- _Stored data entries_

********************

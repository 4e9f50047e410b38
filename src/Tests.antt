-- ===== src/Tests.antt =====
-- Small states for the tests: areas, groups, points and a handler on which the theorems are run.
mod Fifo
mod Tables
mod Groups
mod Points
mod Process
mod Merge
mod Attach
mod Adapt
mod Extract
mod Memory
mod System
mod Threads
use rt_debug_lib.Base.{
  ℕ, zero, suc, ◌+◌, ◌^◌, ◌≤◌, ◌<◌, ◌≡◌, ◌≢◌, refl, sym, true, false, Option, none, some, List, [],
  ◌∷◌, length, get_elem?, replicate, arith,
}
use mathlib.Core.Option.{some-injective, none-ne-some}
use rt_debug_lib.CString.{CStr, codes}
use rt_debug_lib.Clock.{Timespec}
use rt_debug_lib.MemArea.{MemArea, e_read}
use rt_debug_lib.MemArea.Invariant.{IsValid}
use rt_debug_lib.Counters.{RtCounter, RtCounterGrp}
use rt_debug_lib.Tracer.{TraceEntry, TraceGroup, def_format, no_data_ind}
use rt_debug_lib.Logger.{LogEntry, LogGroup}
use rt_debug_lib.Profile.{ProfileData, ProfilePoint, reset_data, time_eval}
use rt_debug_lib.ProfilerGroup.{ProfilerGroup}
use rt_debug_lib.DebugRt.{DebugRt, GroupDebugRt}
use rt_debug_lib.Handler.{Handler, rtdbg_running_producer}

abbrev pub seconds : ℕ → Timespec
seconds s = record { tv_sec = s; tv_nsec = 0 }

-- Where the buffer of every sample area stands.
abbrev pub address : ℕ
address = 4096

-- An area of `n` chunks of 64 bytes.
abbrev pub area : {A : Type 0} → ℕ → ℕ → ℕ → List A → MemArea A
area n wr rd buf = record {
  ptr_producer = address;
  ptr_consumer = address;
  number_chunks = n;
  single_chunk_size = 64;
  wr_ind = wr;
  rd_ind = rd;
  access = e_read;
  attrib = 0;
  in_lock = false;
  out_lock = false;
  name = codes "sample";
  buf = buf;
}

pub area-IsValid :
    {A : Type 0} (n wr rd : ℕ) (buf : List A)
    → 3 ≤ n
    → n < 2 ^ 16
    → n ≤ length buf
    → wr < n
    → rd < n
    → wr ≢ rd
    → IsValid 64 (area n wr rd buf)
area-IsValid n wr rd buf n3 few room wr_in rd_in apart = record {
  enough = n3;
  few = few;
  room = room;
  sized = refl;
  nonempty = omega arith;
  narrow = omega arith;
  wr_in = wr_in;
  rd_in = rd_in;
  apart = apart;
  in_free = refl;
  out_free = refl;
}

-- No item and one item in an area that holds one.
abbrev pub empty_area : MemArea ℕ
empty_area = area 3 1 0 (0 ∷ 0 ∷ 0 ∷ [])

abbrev pub full_area : MemArea ℕ
full_area = area 3 2 0 (0 ∷ 5 ∷ 0 ∷ [])

abbrev pub counter : RtCounter
counter = record { val = 0; cnt_name = codes "rx" }

-- One counter in use.
abbrev pub counters : RtCounterGrp
counters = record {
  rt_counters = replicate 20 counter;
  num_alloc_counters = 1;
  group_name = codes "phy";
}

abbrev pub blank_entry : TraceEntry
blank_entry = record {
  linux_time = seconds 0;
  trace_id = 0;
  thread_id = 0;
  line_num = 0;
  status = no_data_ind;
  val0 = 0;
  val1 = 0;
  val2 = 0;
  val3 = 0;
}

abbrev pub traces_of : List TraceEntry → TraceGroup
traces_of entries = record {
  trace_formats = def_format ∷ replicate 49 [];
  trace_fifo = area 4 1 0 entries;
  num_alloc_formats = 1;
  group_name = codes "phy";
}

abbrev pub log_of : CStr → LogEntry
log_of s = record { linux_time = seconds 1; log_str = s }

-- A logger with one log, in an FIFO that holds two.
abbrev pub one_log : CStr → CStr → LogGroup
one_log name s = record {
  logs_fifo =
      (let e = log_of s in record (area 4 2 0 (e ∷ e ∷ e ∷ e ∷ [])) { single_chunk_size = 128 });
  group_name = name;
}

abbrev pub data_of : ℕ → ProfileData
data_of v = record { max_cnt = v; max_cnt_time = 0; last_cnt = v; average_cnt = v; meas_num = 1 }

-- A FIFO of no entry and one of a single entry, in room for one.
abbrev pub empty_prof_fifo : MemArea ProfileData
empty_prof_fifo = area 3 1 0 (reset_data ∷ reset_data ∷ reset_data ∷ [])

abbrev pub full_prof_fifo : MemArea ProfileData
full_prof_fifo = area 3 2 0 (reset_data ∷ data_of 5 ∷ reset_data ∷ [])

-- A point that reports after two measurements.
abbrev pub point : ProfileData → ProfilePoint
point d = record {
  prof_data = d;
  acc_cnt = 0;
  cnt_id = 0;
  max_calls = 2;
  start_val = 0;
  delta = 0;
  prof_id = 0;
  eval_type = time_eval;
  mem_ptr = 8192;
}

abbrev pub profilers : MemArea ProfileData → ℕ → ProfilerGroup
profilers m num = record {
  prof_fifo = replicate 50 m;
  num_alloc_prof = num;
  group_name = codes "phy";
}

pub get_elem?-replicate :
    {A : Type 0} (n i : ℕ) (a b : A) → get_elem? (replicate n a) i ≡ some b → b ≡ a
get_elem?-replicate zero i a b h = absurd (none-ne-some b h)
get_elem?-replicate (suc n) zero a b h = sym (some-injective a b h)
get_elem?-replicate (suc n) (suc i) a b h = get_elem?-replicate n i a b h

-- A FIFO with its whole buffer.
abbrev pub raw_prof_fifo : MemArea ProfileData
raw_prof_fifo = record empty_prof_fifo { buf = replicate 10 reset_data }

-- A group with its arrays, and the shared memory of ten such groups, none of them in use.
abbrev pub raw_group : GroupDebugRt
raw_group = record {
  logger =
      (let l = one_log [] [] in
        record l {
          logs_fifo = (let m = l.logs_fifo in record m { buf = replicate 128 (log_of []) });
        });
  profiler = profilers raw_prof_fifo 0;
  tracer = traces_of (replicate 1000 blank_entry);
  event_counters = counters;
  group_name = codes "raw";
}

abbrev pub shared_of : ℕ → GroupDebugRt → DebugRt
shared_of num g = record {
  num_alloc_groups = num;
  active = true;
  trace_collected = false;
  debug_groups = replicate 10 g;
}

abbrev pub process : Handler
process = record {
  status = rtdbg_running_producer;
  shared_file_name = codes "rt.bin";
  mmap_fd = 3;
  mem_attached = true;
  grp_trace_res = [];
  grp_logs_last = [];
  shared = shared_of 1 raw_group;
}
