-- ===== src/Tests/Process.antt =====
-- Runs of the shared memory and of a process on small states.
use rt_debug_lib.Base.{
  false, ◌∷◌, ℕ, ◌≡◌, refl, true, some, [], arith, ok, Fault, map_ok, Returns, length-replicate,
}
use rt_debug_lib.CString.{CStr, codes}
use rt_debug_lib.Clock.{Timespec}
use rt_debug_lib.Registry.{register_within}
use rt_debug_lib.Logger.Laws.{IsLogGroup}
use rt_debug_lib.DebugRt.{DebugRt, alloc_dbg_grp, group_names}
use rt_debug_lib.DebugRt.New.{HasArrays}
use rt_debug_lib.DebugRt.Laws.{IsDebugRt, alloc_dbg_grp_refines}
use rt_debug_lib.Handler.Merge.{rtdbg_get_log}
use rt_debug_lib.Handler.Mask.{rtdbg_get_log-masked}
use rt_debug_lib.Handler.{
  Handler, LogSortData, rtdbg_stopped, rtdbg_start, rtdbg_stop, rtdbg_add_log, rtdbg_add_trace,
  rtdbg_get_status, is_data_collection_active,
}
use rt_debug_lib.Handler.Gate.{stop_gate, IsLogged, rtdbg_add_log-IsLogged}
use rt_debug_lib.Tests.{
  raw_prof_fifo, raw_group, shared_of, process, blank_entry, log_of, seconds, address,
  get_elem?-replicate,
}

pub raw_group-HasArrays : HasArrays raw_group
raw_group-HasArrays = record {
  log_entries = omega (arith, length-replicate 128 (log_of []));
  traces = record { formats = refl; entries = length-replicate 1000 blank_entry };
  counters = refl;
  profilers = length-replicate 50 raw_prof_fifo;
  buffers = λ i m at. rw (get_elem?-replicate 50 i raw_prof_fifo m at) (omega arith);
}

abbrev pub unused : DebugRt
unused = shared_of 0 raw_group

pub unused-IsDebugRt : IsDebugRt unused
unused-IsDebugRt = record {
  array = refl;
  few = omega arith;
  arrays = λ i g at. rw (get_elem?-replicate 10 i raw_group g at) raw_group-HasArrays;
  named = λ i g lt at. absurd (omega (arith, lt));
}

abbrev trace_buf : ℕ → ℕ
trace_buf i = address

alloc_dbg_grp_refines_example :
    map_ok
      (λ (out : ℕ × DebugRt). (out.0, group_names out.1))
      (alloc_dbg_grp trace_buf (codes "mac") unused)
    ≡ register_within Fault.assert_failed 10 (codes "mac") []
alloc_dbg_grp_refines_example =
    alloc_dbg_grp_refines trace_buf unused-IsDebugRt (codes "mac") (omega arith) (omega arith)
      (omega arith)

stop_gate_example :
    let stopped = rtdbg_stop process in
    ((now : Timespec) (i : ℕ) (s : CStr) → rtdbg_add_log now i s stopped ≡ ok (tt, stopped))
    × ((now : Timespec) (thread i id line a b c d : ℕ)
        → rtdbg_add_trace now thread i id line a b c d stopped ≡ ok (tt, stopped))
    × (rtdbg_get_status stopped ≡ rtdbg_stopped)
    × (is_data_collection_active (rtdbg_start process) ≡ true)
stop_gate_example = stop_gate process

raw_group-IsLogGroup : IsLogGroup raw_group.logger
raw_group-IsLogGroup = record {
  enough = omega arith;
  few = omega arith;
  room = omega (arith, length-replicate 128 (log_of []));
  sized = refl;
  nonempty = omega arith;
  narrow = omega arith;
  wr_in = omega arith;
  rd_in = omega arith;
  apart = omega arith;
  in_free = refl;
  out_free = refl;
}

rtdbg_add_log_example : Returns (rtdbg_add_log (seconds 4) 0 (codes "up") process) λ out.
    IsLogged
      (seconds 4)
      0
      (codes "up")
      process
      raw_group
      refl
      refl
      (omega arith)
      refl
      raw_group-IsLogGroup
      out.1
rtdbg_add_log_example =
    rtdbg_add_log-IsLogged (seconds 4) 0 (codes "up") process raw_group refl refl (omega arith) refl
      raw_group-IsLogGroup

-- One group, and a log of it that was returned before.
abbrev stale : LogSortData
stale = record { linux_time = seconds 1; log_str = codes "old"; valid = false }

abbrev stale_process : Handler
stale_process = record process { grp_logs_last = stale ∷ [] }

rtdbg_get_log-masked_example :
    (rtdbg_get_log 1000 true (seconds 2) 0 stale_process
      ≡ ok (some (codes "old", seconds 1), stale_process))
    × (rtdbg_get_log 1000 true (seconds 2) 0 stale_process
        ≡ ok (some (codes "old", seconds 1), stale_process))
rtdbg_get_log-masked_example =
    rtdbg_get_log-masked 1000 (seconds 2) stale_process stale [] refl refl refl (omega arith)
      (omega arith) (omega arith) (omega arith)
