-- ===== src/Tests/Merge.antt =====
-- Runs of RTDBG_GetLog and of the log loop of RTDBG_ExtractDebugData on two groups.
use rt_debug_lib.Base.{
  ap, sym, ok, none, some, get_elem?, ℕ, zero, suc, ◌<◌, ◌≡◌, refl, true, false, [], ◌∷◌, arith,
  Returns,
}
use mathlib.Core.Option.{some-injective}
use rt_debug_lib.CString.{CStr, codes, decimal}
use rt_debug_lib.Clock.{nanos}
use rt_debug_lib.Logger.{LogEntry, LogGroup, log_line}
use rt_debug_lib.Logger.Laws.{IsLogGroup}
use rt_debug_lib.DebugRt.{GroupDebugRt}
use rt_debug_lib.Handler.{Handler, LogSortData, TraceInfo, rtdbg_stop}
use rt_debug_lib.Handler.Merge.{in_mask, rtdbg_get_log, rtdbg_get_trace_entry}
use rt_debug_lib.Handler.Queues.{queue}
use rt_debug_lib.Handler.Updates.{AreReady}
use rt_debug_lib.Handler.LogMerge.{IsMerged, rtdbg_get_log-IsMerged}
use rt_debug_lib.Tracer.{Printf, trace_empty_data}
use rt_debug_lib.Handler.Exhausted.{IsExhausted, stop_keeps_exhausted}
use rt_debug_lib.Handler.Drain.{drain_logs, IsSorted, AllFrom, AllBefore}
use rt_debug_lib.Handler.Drain.Ends.{IsDrainable, IsDrained, drain_logs-IsDrained}
use rt_debug_lib.Tests.{seconds, raw_group, process, area}

-- A logger with two logs, of the seconds `a` and `b`.
abbrev log_at : ℕ → LogEntry
log_at t = record { linux_time = seconds t; log_str = codes "up" }

abbrev pub two_logs : CStr → ℕ → ℕ → LogGroup
two_logs name a b = record {
  logs_fifo =
      (let m = area 5 3 0 (log_at a ∷ log_at a ∷ log_at b ∷ log_at b ∷ log_at b ∷ []) in
        record m { single_chunk_size = 128 });
  group_name = name;
}

abbrev pub group_of : CStr → ℕ → ℕ → GroupDebugRt
group_of name a b = record raw_group { logger = two_logs name a b }

abbrev pub no_last : LogSortData
no_last = record { linux_time = seconds 0; log_str = []; valid = false }

-- The logs of group `mac` lie between those of group `phy`.
abbrev pub two_groups : Handler
two_groups =
    let d = process.shared in
    record process {
      grp_logs_last = no_last ∷ no_last ∷ [];
      shared = record d {
        num_alloc_groups = 2;
        debug_groups = group_of (codes "phy") 1 4 ∷ group_of (codes "mac") 2 3 ∷ [];
      };
    }

pub two_logs-IsLogGroup : (name : CStr) (a b : ℕ) → IsLogGroup (two_logs name a b)
two_logs-IsLogGroup name a b = record {
  enough = omega arith;
  few = omega arith;
  room = omega arith;
  sized = refl;
  nonempty = omega arith;
  narrow = omega arith;
  wr_in = omega arith;
  rd_in = omega arith;
  apart = omega arith;
  in_free = refl;
  out_free = refl;
}

two_groups-AreReady : AreReady two_groups
unfolding log_line decimal nanos
two_groups-AreReady zero lt = record {
  last = no_last;
  group = group_of (codes "phy") 1 4;
  has_last = refl;
  has_group = refl;
  ready = record {
    logger = two_logs-IsLogGroup (codes "phy") 1 4;
    named = omega arith;
    fit = (omega arith, omega arith, (omega arith, omega arith, tt));
  };
}
two_groups-AreReady (suc zero) lt = record {
  last = no_last;
  group = group_of (codes "mac") 2 3;
  has_last = refl;
  has_group = refl;
  ready = record {
    logger = two_logs-IsLogGroup (codes "mac") 2 3;
    named = omega arith;
    fit = (omega arith, omega arith, (omega arith, omega arith, tt));
  };
}
two_groups-AreReady (suc (suc j)) lt = absurd (omega arith)

-- What holds of both groups.
pub both : (P : ℕ → Type 0) → P 0 → P 1 → (j : ℕ) → j < 2 → P j
both P a b zero lt = a
both P a b (suc zero) lt = b
both P a b (suc (suc j)) lt = absurd (omega arith)

rtdbg_get_log-IsMerged_example :
    Returns (rtdbg_get_log 1000 true (seconds 9) 3 two_groups) (IsMerged two_groups (seconds 9))
rtdbg_get_log-IsMerged_example =
    rtdbg_get_log-IsMerged 3 1000 two_groups (seconds 9) refl (omega arith)
      (both (λ j. in_mask 3 j ≡ true) refl refl) (omega arith) two_groups-AreReady

two_groups-IsDrainable : IsDrainable (λ f. seconds 9) two_groups 1_000_000_000
two_groups-IsDrainable = record {
  attached = refl;
  few = omega arith;
  ready = two_groups-AreReady;
  sorted =
      both (λ j. IsSorted (queue two_groups j)) ((omega arith, tt), (tt, tt))
        ((omega arith, tt), (tt, tt));
  floored =
      both (λ j. AllFrom 1_000_000_000 (queue two_groups j)) (omega arith, (omega arith, tt))
        (omega arith, (omega arith, tt));
  past = λ f.
      both (λ j. AllBefore 9_000_000_000 (queue two_groups j)) (omega arith, (omega arith, tt))
        (omega arith, (omega arith, tt));
}

drain_logs_example :
    Returns (drain_logs 5 (λ f. seconds 9) two_groups) (IsDrained two_groups 1_000_000_000)
drain_logs_example =
    drain_logs-IsDrained 5 1_000_000_000 (λ f. seconds 9) two_groups (λ f. omega arith)
      two_groups-IsDrainable (omega arith)

abbrev pub printf : Printf
printf = record { format_values = λ s a b c d. s }

-- A process that found no more traces in its only group, and collects again.
abbrev exhausted : Handler
exhausted = record process {
  grp_trace_res = record { trace_str = []; lin_time = seconds 0; status = trace_empty_data } ∷ [];
}

exhausted-IsExhausted : IsExhausted exhausted
exhausted-IsExhausted = record { array = omega arith; infos = omega arith; empty = found }
  where
    found :
        (i : ℕ) (info : TraceInfo)
        → i < 1
        → get_elem? exhausted.grp_trace_res i ≡ some info
        → info.status ≡ trace_empty_data
    found zero info lt e = ap (λ (t : TraceInfo). t.status) (sym (some-injective _ info e))
    found (suc i) info lt e = absurd (omega arith)

stop_keeps_exhausted_example :
    rtdbg_get_trace_entry printf 1000 (seconds 9) (λ i. seconds 9) (rtdbg_stop exhausted)
    ≡ ok (none, rtdbg_stop exhausted)
stop_keeps_exhausted_example =
    stop_keeps_exhausted printf 1000 (seconds 9) (λ i. seconds 9) exhausted refl
      exhausted-IsExhausted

********************

- _WORK TO BE COMPLETED_
Looking at the entries above, can you reproduce exactly the lines from the one that holds "Returns (rtdbg_get_log 1000" through the one that holds "exhausted-IsExhausted : IsExhausted exhausted", and only those?

- _SOLUTION TO THE PROBLEM_
    Returns (rtdbg_get_log 1000 true (seconds 9) 3 two_groups) (IsMerged two_groups (seconds 9))
rtdbg_get_log-IsMerged_example =
    rtdbg_get_log-IsMerged 3 1000 two_groups (seconds 9) refl (omega arith)
      (both (λ j. in_mask 3 j ≡ true) refl refl) (omega arith) two_groups-AreReady

two_groups-IsDrainable : IsDrainable (λ f. seconds 9) two_groups 1_000_000_000
two_groups-IsDrainable = record {
  attached = refl;
  few = omega arith;
  ready = two_groups-AreReady;
  sorted =
      both (λ j. IsSorted (queue two_groups j)) ((omega arith, tt), (tt, tt))
        ((omega arith, tt), (tt, tt));
  floored =
      both (λ j. AllFrom 1_000_000_000 (queue two_groups j)) (omega arith, (omega arith, tt))
        (omega arith, (omega arith, tt));
  past = λ f.
      both (λ j. AllBefore 9_000_000_000 (queue two_groups j)) (omega arith, (omega arith, tt))
        (omega arith, (omega arith, tt));
}

drain_logs_example :
    Returns (drain_logs 5 (λ f. seconds 9) two_groups) (IsDrained two_groups 1_000_000_000)
drain_logs_example =
    drain_logs-IsDrained 5 1_000_000_000 (λ f. seconds 9) two_groups (λ f. omega arith)
      two_groups-IsDrainable (omega arith)

abbrev pub printf : Printf
printf = record { format_values = λ s a b c d. s }

-- A process that found no more traces in its only group, and collects again.
abbrev exhausted : Handler
exhausted = record process {
  grp_trace_res = record { trace_str = []; lin_time = seconds 0; status = trace_empty_data } ∷ [];
}

exhausted-IsExhausted : IsExhausted exhausted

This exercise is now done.